Performances at Phoenix Central Park will be diverse and eclectic: audiences can expect anything from the classics to new experimental music – from solo piano recitals to opera, from contemporary dance to poetry reading, and from chamber music to edgy performance art.
The building, by Durbach Block Jaggers and John Wardle Architects, includes a gallery and a central garden, and space for artistic residencies across two wings, as well as an intimate performance space.
Why is it named ‘Phoenix’? The building occupies the site of a warehouse that was fire-damaged and vacant – but the name also symbolises the renaissance of a previously gritty, semi-industrial inner-city suburb to become a cultural hub. Phoenix Central Park rises from the ashes like the legendary bird.

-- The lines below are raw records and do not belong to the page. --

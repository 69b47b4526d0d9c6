-- ===== src/Version/Layout.antt =====
-- The comparison of version words decides equality.
use yakushima.Common.{Bool, false, ==_iff, ◌<◌, ◌≡◌, ◌↔◌, true, arith, ap}
use yakushima.Version.{VersionBody, counter_mod, bit, image, equal}

-- The counters fit their 29 bits.
pub record IsBody (v : VersionBody) : Type 0 where
  pub vinsert_delete : v.vinsert_delete < counter_mod
  pub vsplit : v.vsplit < counter_mod

bit-lt : (b : Bool) → bit b < 2
bit-lt true = omega arith
bit-lt false = omega arith

bit-injective : (a b : Bool) → bit a ≡ bit b → a ≡ b
bit-injective a b h = ground arith

ruleset fields = (arith, bit-lt)

image-injective : (v w : VersionBody) → IsBody v → IsBody w → image v ≡ image w → v ≡ w
unfolding image
image-injective v w p q e = λ i. record {
  vinsert_delete = vinsert_delete i;
  locked = bit-injective v.locked w.locked locked i;
  inserting_deleting = bit-injective v.inserting_deleting w.inserting_deleting inserting i;
  splitting = bit-injective v.splitting w.splitting splitting i;
  vsplit = vsplit i;
  deleted = bit-injective v.deleted w.deleted deleted i;
  root = bit-injective v.root w.root root i;
  border = bit-injective v.border w.border border i;
}
  where
    vinsert_delete : v.vinsert_delete ≡ w.vinsert_delete
    vinsert_delete = omega fields

    vsplit : v.vsplit ≡ w.vsplit
    vsplit = omega fields

    locked : bit v.locked ≡ bit w.locked
    locked = omega fields

    inserting : bit v.inserting_deleting ≡ bit w.inserting_deleting
    inserting = omega fields

    splitting : bit v.splitting ≡ bit w.splitting
    splitting = omega fields

    deleted : bit v.deleted ≡ bit w.deleted
    deleted = omega fields

    root : bit v.root ≡ bit w.root
    root = omega fields

    border : bit v.border ≡ bit w.border
    border = omega fields

-- Two version words compare equal exactly when every field is the same.
pub equal_iff : {v w : VersionBody} → IsBody v → IsBody w → (equal v w ≡ true) ↔ (v ≡ w)
unfolding equal
equal_iff {v} {w} p q =
    (λ h. image-injective v w p q ((==_iff _ _).0 h), λ e. (==_iff _ _).1 (ap image e))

This multifaceted project captures the vision of an integrated performance space, garden and art gallery.
The performance space is a singular bell-shaped clearing, made by stepped and contoured timber ribs, embedded in a fabric of lobbies and circulation.
Like an Elizabethan theatre, the action is in the round, seen from many vantage points. A projecting balcony loops into the volume, creating an alternate stage or viewing box. The circulation is direct or via a gracious set of stepped landings, scaled for arresting movement and inviting overview.
The over-scaled gold window allows glimpses and light from the street in an otherwise dark space. The theatre is lined with timber fabricated from digital templates in the factory and assembled on site.
Above, a meeting space for artists and its companion garden courtyard are modelled in brightness and whiteness, capturing unexpected planting, local vignettes and sky views.
The outer brick surface is a binding element of the overall building, finding a singular expression to contain the diverse interior worlds within. DBJ’s wall cants, curves and steps for a street garden and multi-figured ‘cloud window
The bricks themselves are unusually long and flat, akin to a stacked stone and emphasising the mortar joints. A thin veil of mortar has been washed over the bricks to exaggerate the continuity of surface. This surface is then dimpled, twisted, cut and vaulted around openings where inside and outside worlds meet.
A collaboration between
John Wardle Architects &
Durbach Block Jaggers
Neil Durbach, Camilla Block and David Jaggers
John Wardle
The co-authored project has been guided by open discussion by both architectural firms. The project is perhaps a more compelling proposition for the input and insight of the other. This idea seems to echo the primary intention of Phoenix Central Park: to be an artistic hub where visual and performing arts are in constant dialogue with one another.